For almost two years, President Trump has taken a different approach. A small but highly effective force in eastern Syria, about 2,000 troops, mostly special operators supported by Air Force and Navy combat planes, working with local allies, has evicted Islamic State fighters from most of the territories they had conquered.
That counts as significant progress. But to say, as Mr. Trump did last week, that IS has been defeated is premature. An estimated 30,000 fighters remain in Syria and Iraq. We must now expect them to revive and rebuild under the leadership of Abu Bakr al Baghdadi whom we’ve not yet tracked down and eliminated.
America’s military presence also has succeeded in preventing Iran’s rulers from establishing a land bridge through Syria into Lebanon – now effectively ruled by Hezbollah, Tehran’s proxy – and on to the Mediterranean.

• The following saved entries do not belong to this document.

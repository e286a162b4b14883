-- ===== src/Lock/Can/Conditions.antt =====
-- What the adapter looks for in its configuration and in a frame, stated of their fields.
use bmw_e9x_remote_control.Common.{
  ℕ, ◌+◌, ◌-◌, ◌%◌, ◌^◌, ◌≤◌, ◌<◌, ◌≡◌, ◌≢◌, ◌↔◌, ◌⊎◌, Bool, true, false, ◌&&◌, leb, get_or,
  bit_and, ◌/◌, sub32, u32_mod, if◌then◌else◌, arith,
}
use bmw_e9x_remote_control.Lock.Can.{
  CanFrame, CanBitMatcher, CanLockCommandAdapter, CanLockCommandAdapterConfig, matches, bit_count,
  extract, counter_is_valid, adapter_config_is_valid, matcher_is_valid, are_independent,
  maximum_identifier, CanCounterField,
}

-- The masked bits of the matcher's byte, which the frame has, are those expected.
pub record Shows (m : CanBitMatcher) (f : CanFrame) : Type 0 where
  pub present : m.byte_index < f.data_length
  pub within : m.byte_index < 8
  pub masked : m.mask ≢ 0
  pub expected : bit_and (get_or f.data_bytes m.byte_index 0) m.mask ≡ m.expected_value

pub matches_iff : (m : CanBitMatcher) (f : CanFrame) → (matches m f ≡ true) ↔ Shows m f
matches_iff m f = ground arith

-- A matcher reads a byte of the frame and expects no bit outside its mask.
pub record Fits (m : CanBitMatcher) (data_length : ℕ) : Type 0 where
  pub place : m.byte_index < data_length
  pub masked : m.mask ≢ 0
  pub inside : bit_and m.expected_value (255 - m.mask) ≡ 0

matcher_iff : (m : CanBitMatcher) (n : ℕ) → (matcher_is_valid m n ≡ true) ↔ Fits m n
matcher_iff m n = ground arith

-- Two fields share no bit.
abbrev pub Apart : ℕ → ℕ → ℕ → ℕ → Type 0
Apart index1 mask1 index2 mask2 = (index1 ≢ index2) ⊎ (bit_and mask1 mask2 ≡ 0)

independent_iff :
    (index1 mask1 index2 mask2 : ℕ)
    → (are_independent index1 mask1 index2 mask2 ≡ true) ↔ Apart index1 mask1 index2 mask2
independent_iff index1 mask1 index2 mask2 = ground arith

-- A configuration on which the adapter can work.
pub record IsUsable (c : CanLockCommandAdapterConfig) : Type 0 where
  pub identifier : c.identifier ≤ (if c.extended then 536870911 else 2047)
  pub length_set : 1 ≤ c.data_length
  pub length_bound : c.data_length ≤ 8
  pub command : Fits c.lock_command c.data_length
  pub secured : Fits c.vehicle_secured c.data_length
  pub counter_place : c.rolling_counter.byte_index < c.data_length
  pub counter_bits : 2 ≤ bit_count c.rolling_counter
  pub command_counter :
      Apart c.lock_command.byte_index c.lock_command.mask c.rolling_counter.byte_index
        c.rolling_counter.mask
  pub secured_counter :
      Apart c.vehicle_secured.byte_index c.vehicle_secured.mask c.rolling_counter.byte_index
        c.rolling_counter.mask
  pub command_secured :
      Apart c.lock_command.byte_index c.lock_command.mask c.vehicle_secured.byte_index
        c.vehicle_secured.mask

-- The nine tests of the configuration, one by one.
tests_iff :
    (a b c d e f g h i : Bool)
    → ((a && b && c && d && e && f && g && h && i) ≡ true) ↔ (
        (a ≡ true)
        × (b ≡ true)
        × (c ≡ true)
        × (d ≡ true)
        × (e ≡ true)
        × (f ≡ true)
        × (g ≡ true)
        × (h ≡ true)
        × (i ≡ true))
tests_iff a b c d e f g h i = ground arith

counter_iff :
    (r : CanCounterField) (n : ℕ)
    → (counter_is_valid r n ≡ true) ↔ ((r.byte_index < n) × (2 ≤ bit_count r))
unfolding counter_is_valid
counter_iff r n = ground arith

identifier_iff :
    (identifier : ℕ) (extended : Bool)
    → (leb identifier (maximum_identifier extended) ≡ true)
      ↔ (identifier ≤ (if extended then 536870911 else 2047))
identifier_iff identifier true = ground arith
identifier_iff identifier false = ground arith

pub config_iff : (c : CanLockCommandAdapterConfig) → (adapter_config_is_valid c ≡ true) ↔ IsUsable c
unfolding adapter_config_is_valid
config_iff c =
    let m = c.lock_command in
    let s = c.vehicle_secured in
    let r = c.rolling_counter in
    let n = c.data_length in
    let tests = tests_iff _ _ _ _ _ _ _ _ _ in
    let is_id = identifier_iff c.identifier c.extended in
    let m_fits = matcher_iff m n in
    let s_fits = matcher_iff s n in
    let counts = counter_iff r n in
    let m_r = independent_iff m.byte_index m.mask r.byte_index r.mask in
    let s_r = independent_iff s.byte_index s.mask r.byte_index r.mask in
    let m_s = independent_iff m.byte_index m.mask s.byte_index s.mask in
    (
      λ h.
          let (known, some_length, short, one, two, three, four, five, six) = tests.0 h in
          let (place, bits) = counts.0 three in
          record {
            identifier = is_id.0 known;
            length_set = ground arith;
            length_bound = ground arith;
            command = m_fits.0 one;
            secured = s_fits.0 two;
            counter_place = place;
            counter_bits = bits;
            command_counter = m_r.0 four;
            secured_counter = s_r.0 five;
            command_secured = m_s.0 six;
          },
      λ u. tests.1 (
        is_id.1 u.identifier,
        ground (arith, u.length_set),
        ground (arith, u.length_bound),
        m_fits.1 u.command,
        s_fits.1 u.secured,
        counts.1 (u.counter_place, u.counter_bits),
        m_r.1 u.command_counter,
        s_r.1 u.secured_counter,
        m_s.1 u.command_secured,
      ),
    )

-- By how much the rolling counter of the frame is past the one seen last, in its range.
abbrev pub moved_by : CanLockCommandAdapter → CanFrame → ℕ
moved_by a f =
    let range = 2 ^ bit_count a.config.rolling_counter in
    (extract a.config.rolling_counter f + range - a.last_raw_counter) % range

-- The time of the frame in milliseconds, in 32 bits.
abbrev pub seen_ms : CanFrame → ℕ
seen_ms f = (f.timestamp_us / 1000) % u32_mod

-- The frame is no older than the last one seen: its time is less than half the range of 32 bits
-- past that one's.
abbrev pub IsInTime : CanLockCommandAdapter → CanFrame → Type 0
IsInTime a f =
    (seen_ms f ≡ a.last_timestamp_ms)
    ⊎ (1 ≤ sub32 (seen_ms f) a.last_timestamp_ms)
      × (sub32 (seen_ms f) a.last_timestamp_ms < 2147483648)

Useful too: About 90 percent of Syria’s oil lies under territory controlled by the U.S. Those resources will soon replenish Mr. Assad’s coffers, reducing the amount Ayatollah Khamenei spends – an estimated $16 billion annually – to prop up the mass-murdering dictator.

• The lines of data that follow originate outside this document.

-- ===== src/Lock/Can/Counter.antt =====
-- The rolling counter: the bits under its mask, side by side.
use bmw_e9x_remote_control.Common.{
  ℕ, zero, suc, ◌+◌, ◌*◌, ◌/◌, ◌%◌, ◌^◌, ◌≤◌, ◌<◌, ◌≡◌, refl, ap, ◌∙◌, false, get_or, leb, ◌==◌,
  if◌then◌else◌, Bool-cases, inl, inr, bit_and, bit_and-head, bit_and-one, bit_or-shifted, shifted,
  halved, ones, arith,
}
use native.Mathlib.Nat.{pow-succ'}
use bmw_e9x_remote_control.Lock.Can.{
  CanFrame, CanCounterField, count_bits, bit_count, extract_bits, extract,
}

-- The first `n` digits of `value` under the digits 1 of `mask`, without gaps.
abbrev pub packed : ℕ → ℕ → ℕ → ℕ
packed zero value mask = 0
packed (suc n) value mask =
    let rest = packed n (value / 2) (mask / 2) in
    if mask % 2 == 0 then rest else value % 2 + 2 * rest

-- The number of digits 1 among the first `n`.
abbrev pub digit_sum : ℕ → ℕ → ℕ
digit_sum zero mask = 0
digit_sum (suc n) mask = mask % 2 + digit_sum n (mask / 2)

shifted-add : (k a b : ℕ) → shifted k (a + b) ≡ shifted k a + shifted k b
shifted-add zero a b = refl
shifted-add (suc k) a b = omega (arith, shifted-add k a b)

shifted-double : (k a : ℕ) → shifted k (2 * a) ≡ shifted k a * 2
shifted-double zero a = omega arith
shifted-double (suc k) a = omega (arith, shifted-double k a)

shifted-zero : (k : ℕ) → shifted k 0 ≡ 0
shifted-zero zero = refl
shifted-zero (suc k) = omega (arith, shifted-zero k)

shifted-one : (k : ℕ) → shifted k 1 ≡ ones k + 1
shifted-one zero = refl
shifted-one (suc k) = omega (arith, shifted-one k)

halved-half : (k x : ℕ) → halved k (x / 2) ≡ halved k x / 2
halved-half zero x = refl
halved-half (suc k) x = halved-half k (x / 2)

-- A test of one bit.
bit_and-place : (i m : ℕ) → bit_and m (shifted i 1) ≡ shifted i (halved i m % 2)
bit_and-place zero m = bit_and-one m
bit_and-place (suc i) m =
    let half : shifted i 1 * 2 / 2 ≡ shifted i 1 = omega arith in
    let head = bit_and-head m (shifted i 1 * 2) in
    let ih = bit_and-place i (m / 2) in
    let step : bit_and (m / 2) (shifted i 1 * 2 / 2) ≡ shifted i (halved i (m / 2) % 2) =
      rw half ih in
    omega arith

place_test : (i m : ℕ) → (bit_and m (shifted i 1) == 0) ≡ (halved i m % 2 == 0)
place_test i m = elim (Bool-cases (halved i m % 2 == 0)) [
  | inl clear ↦
      let digit : halved i m % 2 ≡ 0 = ground arith in
      let none_set : bit_and m (shifted i 1) ≡ 0 =
        bit_and-place i m ∙ ap (shifted i) digit ∙ shifted-zero i in
      rw (none_set, digit) refl
  | inr set ↦
      let digit : halved i m % 2 ≡ 1 = ground arith in
      let one_set : bit_and m (shifted i 1) ≡ ones i + 1 =
        bit_and-place i m ∙ ap (shifted i) digit ∙ shifted-one i in
      rw (one_set, digit) (ground arith)
]

-- The loop, from the bit `i` on, with `k` bits packed so far.
extract_bits-packed :
    (n i k value mask p : ℕ)
    → p ≤ ones k
    → extract_bits n (shifted i 1) (shifted k 1) value mask p
      ≡ p + shifted k (packed n (halved i value) (halved i mask))
extract_bits-packed zero i k value mask p h = omega (arith, shifted-zero k)
extract_bits-packed (suc n) i k value mask p h =
    let rest = packed n (halved i value / 2) (halved i mask / 2) in
    let same_value = halved-half i value in
    let same_mask = halved-half i mask in
    let used = place_test i mask in
    let set = place_test i value in
    elim (Bool-cases (halved i mask % 2 == 0)) [
      | inl skip ↦
          rw (used, skip)
            (extract_bits-packed n (suc i) k value mask p h ∙ rw (same_value, same_mask) refl)
      | inr takes ↦ elim (Bool-cases (halved i value % 2 == 0)) [
        | inl clear ↦
            let digit : halved i value % 2 ≡ 0 = ground arith in
            let later = extract_bits-packed n (suc i) (suc k) value mask p (omega arith) in
            rw (used, takes, set, clear, digit)
              (later
                ∙ rw (same_value, same_mask)
                    (omega
                      (arith, shifted-double k rest, shifted-add k 0 (2 * rest), shifted-zero k)))
        | inr one ↦
            let digit : halved i value % 2 ≡ 1 = ground arith in
            let joined = bit_or-shifted k p 1 h in
            let later =
              extract_bits-packed n (suc i) (suc k) value mask (p + shifted k 1)
                (omega (arith, shifted-one k)) in
            rw (used, takes, set, one, digit, joined)
              (later
                ∙ rw (same_value, same_mask)
                    (omega (arith, shifted-double k rest, shifted-add k 1 (2 * rest))))
      ]
    ]

digit_sum-zero : (n : ℕ) → digit_sum n 0 ≡ 0
digit_sum-zero zero = refl
digit_sum-zero (suc n) = let rest : digit_sum n (0 / 2) ≡ 0 = digit_sum-zero n in omega arith

count_bits-digit_sum : (n m : ℕ) → count_bits n m ≡ digit_sum n m
count_bits-digit_sum zero m = refl
count_bits-digit_sum (suc n) zero =
    let rest : digit_sum n (0 / 2) ≡ 0 = digit_sum-zero n in omega arith
count_bits-digit_sum (suc n) (suc m) =
    ground (arith, count_bits-digit_sum n (suc m / 2), bit_and-one (suc m))

pow-one_add : (s : ℕ) → 2 ^ (1 + s) ≡ 2 * 2 ^ s
pow-one_add s = let e : 1 + s ≡ suc s = omega arith in rw e (pow-succ' 2 s)

packed-bound : (n value mask : ℕ) → packed n value mask < 2 ^ digit_sum n mask
packed-bound zero value mask = omega arith
packed-bound (suc n) value mask =
    let ih = packed-bound n (value / 2) (mask / 2) in
    let total = digit_sum n (mask / 2) in
    elim (Bool-cases (mask % 2 == 0)) [
      | inl skip ↦ let same : mask % 2 + total ≡ total = ground arith in rw (skip, same) ih
      | inr takes ↦
          let more : mask % 2 + total ≡ 1 + total = ground arith in
          rw (takes, more, pow-one_add total) (omega arith)
    ]

-- The counter that is read from a byte of the frame is the number whose digits are those of the byte
-- under the eight bits of the mask, without the gaps; it is below 2 to the number of these bits.
pub extract-packed :
    (c : CanCounterField) (f : CanFrame)
    → c.byte_index < f.data_length
    → c.byte_index < 8
    → (extract c f ≡ packed 8 (get_or f.data_bytes c.byte_index 0) c.mask)
      × (bit_count c ≡ digit_sum 8 c.mask)
      × (extract c f < 2 ^ bit_count c)
unfolding extract bit_count
extract-packed c f present within =
    let there : leb f.data_length c.byte_index ≡ false = ground arith in
    let inside : leb 8 c.byte_index ≡ false = ground arith in
    let value = get_or f.data_bytes c.byte_index 0 in
    let loop : extract_bits 8 1 1 value c.mask 0 ≡ packed 8 value c.mask =
      extract_bits-packed 8 0 0 value c.mask 0 (omega arith) ∙ omega arith in
    let count = count_bits-digit_sum 8 c.mask in
    (rw (there, inside) loop, count, rw (there, inside, loop, count) (packed-bound 8 value c.mask))
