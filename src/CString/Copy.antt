-- ===== src/CString/Copy.antt =====
-- The copying functions of kernel/string.c.
use krnel.Base.{
  ℕ, zero, suc, ◌-◌, ◌≤◌, ◌<◌, ◌≡◌, refl, true, false, none, some, [], ◌∷◌, ◌++◌, arith, ap, ◌==◌,
  length, take, drop, replicate, Bool-cases, inl, inr, set, length-append, length-replicate,
  length-drop,
}
use krnel.CString.{Buffer, text, terminated, strlen, strcpy, pad, strncpy}

-- `strlen` of a terminated buffer is the length of its text, and stays inside the buffer.
pub strlen-text :
    (s : Buffer)
    → terminated s ≡ true
    → (strlen s ≡ some (length (text s))) × (length (text s) < length s)
unfolding strlen
strlen-text [] h = cc
strlen-text (c ∷ s) h = ground (arith, strlen-text s)

-- Without a NUL, `strlen` runs out of the buffer.
pub strlen-none : (s : Buffer) → terminated s ≡ false → strlen s ≡ none
unfolding strlen
strlen-none [] h = refl
strlen-none (c ∷ s) h = ground (arith, strlen-none s)

-- `strcpy` of a terminated source writes its text and a NUL over the front of the destination, if they
-- fit.
pub strcpy_fits :
    (d s : Buffer)
    → terminated s ≡ true
    → length (text s) < length d
    → strcpy d s ≡ some (text s ++ 0 ∷ drop (suc (length (text s))) d)
unfolding strcpy
strcpy_fits d [] t h = cc
strcpy_fits [] (c ∷ s) t h = absurd (omega arith)
strcpy_fits (x ∷ d) (c ∷ s) t h = ground (arith, strcpy_fits d s)

-- A text that does not fit with its NUL makes `strcpy` leave the destination.
pub strcpy_overflows : (d s : Buffer) → length d ≤ length (text s) → strcpy d s ≡ none
unfolding strcpy
strcpy_overflows d [] h = refl
strcpy_overflows [] (c ∷ s) h = refl
strcpy_overflows (x ∷ d) (c ∷ s) h = ground (arith, strcpy_overflows d s)

pad_lem : (d : Buffer) (n : ℕ) → n ≤ length d → pad d n ≡ some (replicate n 0 ++ drop n d)
unfolding pad
pad_lem d zero h = refl
pad_lem [] (suc n) h = absurd (omega arith)
pad_lem (x ∷ d) (suc n) h = rw (pad_lem d n (omega arith))

-- `strncpy` of a text shorter than `n` writes `n + 1` bytes: the text, then zeros.
pub strncpy_short :
    (d s : Buffer) (n : ℕ)
    → terminated s ≡ true
    → length (text s) < n
    → n < length d
    → strncpy d s n ≡ some (text s ++ replicate (suc n - length (text s)) 0 ++ drop (suc n) d)
unfolding strncpy
strncpy_short d [] n t lt fit = cc
strncpy_short d (c ∷ s) zero t lt fit = absurd (omega arith)
strncpy_short [] (c ∷ s) (suc n) t lt fit = absurd (omega arith)
strncpy_short (x ∷ d) (c ∷ s) (suc n) t lt fit =
    ground (arith, strncpy_short d s n, pad_lem d (suc n))

-- `strncpy` of a text of at least `n` bytes writes its first `n` bytes, and no NUL.
pub strncpy_long :
    (d s : Buffer) (n : ℕ)
    → n ≤ length (text s)
    → n ≤ length d
    → strncpy d s n ≡ some (take n (text s) ++ drop n d)
unfolding strncpy
strncpy_long d s zero lt fit = refl
strncpy_long d [] (suc n) lt fit = absurd (omega arith)
strncpy_long [] (c ∷ s) (suc n) lt fit = absurd (omega arith)
strncpy_long (x ∷ d) (c ∷ s) (suc n) lt fit = ground (arith, strncpy_long d s n)

-- A destination of exactly `n` bytes is overrun by a shorter text.
pub strncpy_overruns :
    (d s : Buffer) (n : ℕ)
    → terminated s ≡ true
    → length (text s) < n
    → length d ≡ n
    → strncpy d s n ≡ none
unfolding strncpy
strncpy_overruns d [] n t lt fit = cc
strncpy_overruns d (c ∷ s) zero t lt fit = absurd (omega arith)
strncpy_overruns [] (c ∷ s) (suc n) t lt fit = refl
strncpy_overruns (x ∷ d) (c ∷ s) (suc n) t lt fit =
    ground (arith, strncpy_overruns d s n, pad_overruns d (suc n))
  where
    pad_overruns : (d : Buffer) (n : ℕ) → length d < n → pad d n ≡ none
    pad_overruns d zero h = absurd (omega arith)
    pad_overruns [] (suc n) h = refl
    pad_overruns (x ∷ d) (suc n) h = unfold pad in rw (pad_overruns d n (omega arith))

-- Copying with room for one byte more and writing a NUL at `n`, as the kernel does throughout, leaves
-- a terminated buffer of the same length that holds the first `n` bytes of the source's text.
pub record Copied (d s : Buffer) (n : ℕ) (d' : Buffer) : Type 0 where
  pub same_length : length d' ≡ length d
  pub copies : text (set d' n 0) ≡ take n (text s)
  pub ends : terminated (set d' n 0) ≡ true

pub strncpy-Copied :
    (d s : Buffer) (n : ℕ)
    → terminated s ≡ true
    → n < length d
    → (d' : Buffer) × (strncpy d s n ≡ some d') × Copied d s n d'
unfolding strncpy
strncpy-Copied [] s n t fit = absurd (omega arith)
strncpy-Copied (x ∷ d) s zero t fit =
    (x ∷ d, refl, record { same_length = refl; copies = refl; ends = refl })
strncpy-Copied (x ∷ d) [] (suc n) t fit = cc
strncpy-Copied (x ∷ d) (c ∷ s) (suc n) t fit = elim (Bool-cases (c == 0)) [
  | inl y ↦ rw y (
      rw (pad_lem d (suc n) (omega arith)) (
        0 ∷ replicate (suc n) 0 ++ drop (suc n) d,
        refl,
        record {
          same_length = omega (
            arith,
            length-append {A = ℕ} (replicate (suc n) 0) (drop (suc n) d),
            length-replicate {A = ℕ} (suc n) 0,
            length-drop {A = ℕ} (suc n) d,
          );
          copies = rw y;
          ends = refl;
        },
      ))
  | inr x' ↦
      let (d', e, r) = strncpy-Copied d s n (ground arith) (omega arith) in
      rw x' (
        rw e (
          c ∷ d',
          refl,
          record {
            same_length = omega (arith, r.same_length);
            copies = rw x' (ap (λ l. c ∷ l) r.copies);
            ends = rw x' r.ends;
          },
        ))
]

That will leave more money for terrorists and missiles that can deliver nuclear warheads. The financial pressure Mr. Trump has been applying to coerce concessions from Tehran will be weakened.
Other beneficiaries of the withdrawal include Vladimir Putin who, on President Obama’s watch, was able to re-establish a Russian foothold in the Middle East for the first time since the Cold War, and Turkish president Recep Tayyip Erdogan, an authoritarian and supporter of the Muslim Brotherhood.

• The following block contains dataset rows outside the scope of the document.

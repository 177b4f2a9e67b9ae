-- ===== src/CString/Number.antt =====
-- `strrev`, `itoa` and `atoi` of kernel/string.c. A value of type `int` is an integer of absolute value
-- below 2 ^ 31; for others the code's own arithmetic overflows, which C leaves undefined.
pub mod RoundTrip
use krnel.Base.{
  ℕ, zero, suc, ◌+◌, ◌-◌, ◌*◌, ◌/◌, ◌%◌, ◌^◌, ◌≤◌, ◌<◌, ◌≡◌, refl, ◌∙◌, Bool, true, false, ◌&&◌,
  Option, none, some, List, [], ◌∷◌, ◌++◌, arith, ap, ◌==◌, leb, ltb, if◌then◌else◌, length, get_or,
  set, length-set, get_or-set_self, get_or-set_ne, Bool-cases, inl, inr,
}
use krnel.Base.Int.{ℤ, pos, negsuc}
use krnel.CString.{Buffer, ◌>>=◌, strlen}

abbrev pub swap : Buffer → ℕ → ℕ → Buffer
swap m j k = set (set m j (get_or m k 0)) k (get_or m j 0)

-- `for (…; j < k; j++, k--)` over the two ends; every round shortens the gap, so its length is fuel
-- enough.
pub swaps : ℕ → Buffer → ℕ → ℕ → Buffer
swaps zero m j k = m
swaps (suc fuel) m j k =
    let rest = swaps fuel (swap m j k) (j + 1) (k - 1) in if ltb j k then rest else m

-- `strlen(str) - 1` wraps for the empty string, and the loop starts by writing there.
unfoldable pub strrev : Buffer → Option Buffer
unfolding swaps strlen
strrev s = strlen s >>= λ l.
    let j = (l + 2 ^ 32 - 1) % 2 ^ 32 in
    if ltb 0 j then (if ltb j (length s) then some (swaps l s 0 j) else none) else some s

-- The digits of `n`, last first: `do { … n % 10 + '0' … } while ((n /= 10) > 0)`.
unfoldable pub digits : ℕ → ℕ → List ℕ
digits zero n = []
digits (suc fuel) n =
    let rest = digits fuel (n / 10) in (n % 10 + b'0') ∷ (if ltb 0 (n / 10) then rest else [])

-- An `int` has at most ten digits.
abbrev pub int_digits : ℕ
int_digits = 10

abbrev pub reversed : List ℕ → Buffer
reversed m = swaps (length m) m 0 (length m - 1)

-- The bytes that `itoa` writes.
unfoldable pub itoa : ℤ → Buffer
itoa (pos n) = reversed (digits int_digits n) ++ 0 ∷ []
itoa (negsuc n) = reversed (digits int_digits (suc n) ++ b'-' ∷ []) ++ 0 ∷ []

abbrev pub is_digit : ℕ → Bool
is_digit c = leb b'0' c && leb c b'9'

pub atoi_loop : ℕ → Buffer → Option ℕ
atoi_loop acc [] = none
atoi_loop acc (c ∷ s) =
    let rest = atoi_loop (acc * 10 + (c - b'0')) s in if is_digit c then rest else some acc

-- `sign * result`
abbrev pub negate : ℕ → ℤ
negate zero = pos 0
negate (suc n) = negsuc n

pub atoi : Buffer → Option ℤ
atoi [] = none
atoi (c ∷ s) =
    if c == b'-'
    then (atoi_loop 0 s >>= λ n. some (negate n))
    else atoi_loop 0 (c ∷ s) >>= λ n. some (pos n)

pub length-swaps : (f : ℕ) (m : Buffer) (j k : ℕ) → length (swaps f m j k) ≡ length m
unfolding swaps
length-swaps zero m j k = refl
length-swaps (suc f) m j k = elim (Bool-cases (ltb j k)) [
  | inl y ↦ rw y (
      length-swaps f (swap m j k) (j + 1) (k - 1)
      ∙ length-set (set m j (get_or m k 0)) k (get_or m j 0)
      ∙ length-set m j (get_or m k 0))
  | inr n ↦ rw n
]

get-swap :
    (m : Buffer) (j k i : ℕ)
    → j < k
    → k < length m
    → get_or (swap m j k) i 0
      ≡ (if i == k then get_or m j 0 else if i == j then get_or m k 0 else get_or m i 0)
get-swap m j k i lt fit =
    let fit' : k < length (set m j (get_or m k 0)) = omega (arith, length-set m j (get_or m k 0)) in
    elim (Bool-cases (i == k)) [
      | inl y ↦
          let e : k ≡ i = ground arith in
          rw (y, ← e) (get_or-set_self (set m j (get_or m k 0)) k (get_or m j 0) 0 fit')
      | inr n ↦ rw n (
          get_or-set_ne (set m j (get_or m k 0)) k i (get_or m j 0) 0 (ground arith)
          ∙ elim (Bool-cases (i == j)) [
            | inl y ↦
                let e : j ≡ i = ground arith in
                rw (y, ← e) (get_or-set_self m j (get_or m k 0) 0 (omega arith))
            | inr x ↦ rw x (get_or-set_ne m j i (get_or m k 0) 0 (ground arith))
          ])
    ]

at : (m : Buffer) (i j : ℕ) → i ≡ j → get_or m i 0 ≡ get_or m j 0
at m i j e = ap (λ k. get_or m k 0) e

swaps_done :
    (m : Buffer) (j k i : ℕ)
    → k ≤ j
    → get_or m i 0 ≡ (if leb j i && leb i k then get_or m (j + k - i) 0 else get_or m i 0)
swaps_done m j k i h = elim (Bool-cases (leb j i && leb i k)) [
  | inl y ↦ rw y (at m i (j + k - i) (ground arith))
  | inr n ↦ rw n
]

swaps_step :
    (m : Buffer) (j k i : ℕ)
    → j < k
    → k < length m
    → (if leb (j + 1) i && leb i (k - 1)
        then get_or (swap m j k) (j + 1 + (k - 1) - i) 0
        else get_or (swap m j k) i 0)
      ≡ (if leb j i && leb i k then get_or m (j + k - i) 0 else get_or m i 0)
swaps_step m j k i lt fit = elim (Bool-cases (i == k)) [
  | inl y ↦ ground (arith, get-swap m j k i lt fit, at m (j + k - i) j (ground arith))
  | inr n ↦ elim (Bool-cases (i == j)) [
    | inl y ↦ ground (arith, get-swap m j k i lt fit, at m (j + k - i) k (ground arith))
    | inr x ↦ ground (
      arith,
      get-swap m j k i lt fit,
      get-swap m j k (j + 1 + (k - 1) - i) lt fit,
      at m (j + 1 + (k - 1) - i) (j + k - i) (omega arith),
    )
  ]
]

-- The loop turns round the bytes from `j` to `k`.
pub get-swaps :
    (f : ℕ) (m : Buffer) (j k i : ℕ)
    → k < length m
    → k < j + f
    → get_or (swaps f m j k) i 0
      ≡ (if leb j i && leb i k then get_or m (j + k - i) 0 else get_or m i 0)
unfolding swaps
get-swaps zero m j k i fit lt = ground arith
get-swaps (suc f) m j k i fit lt = elim (Bool-cases (ltb j k)) [
  | inl y ↦ rw y (
      get-swaps f (swap m j k) (j + 1) (k - 1) i
        (omega (
          arith,
          length-set (set m j (get_or m k 0)) k (get_or m j 0),
          length-set m j (get_or m k 0),
        ))
        (ground arith)
      ∙ swaps_step m j k i (ground arith) fit)
  | inr n ↦ rw n (swaps_done m j k i (ground arith))
]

I’m afraid that’s not all. Leaving Syria too soon means abandoning the moderate Arab, Syrian Christian and Kurdish forces who have fought with us against the Islamic State. It is likely they will surrender to, or be slaughtered by, Syrian and Turkish forces. Perhaps some combination of the two.
Jordan and Iraq – nations in which we’ve made significant investments – will face additional peril. Israelis will be under more pressure, too.
In a letter of resignation precipitated by Mr. Trump’s announcements, Gen. Mattis made clear that he could not, in good conscience, implement a self-defeating policy and abandon allies who have fought with us, and put their trust in us.
For almost two years, President Trump seemed to understand what Mr. Obama did not: that those who proudly call themselves jihadis cannot be appeased; that to defeat them will require a theory of victory, combined with a strategy, ample resources, patience, and a will of iron.
The war now underway began 40 years ago next month when an unexpected revolution gave birth to the Islamic Republic of Iran, the first modern nation-state committed to a conflict whose long-term goal has been stated unequivocally and repeatedly: “Death to America!” The war broadened in 2001 when al Qaeda slaughtered Americans on American soil.
That attack brought U.S. troops into Afghanistan to topple the Taliban, al Qaeda’s host. The Taliban fought on, undaunted. It now knows it will prevail. Ayman al-Zawahiri, the al Qaeda leader who succeeded Osama bin Laden, and whom we’ve failed to track down and eliminate, can be confident that not for the last time is he seeing infidels in retreat.
Mr. Trump is not wrong to want an end to this long war. Nor was President Obama. But both failed to take to heart George Orwell’s famous insight: “The quickest way of ending a war is to lose it.” Perhaps, over the days ahead, Mr. Trump will ask himself whether that’s really his way.
Clifford D. May is president of the Foundation for Defense of Democracies and a columnist for The Washington Times.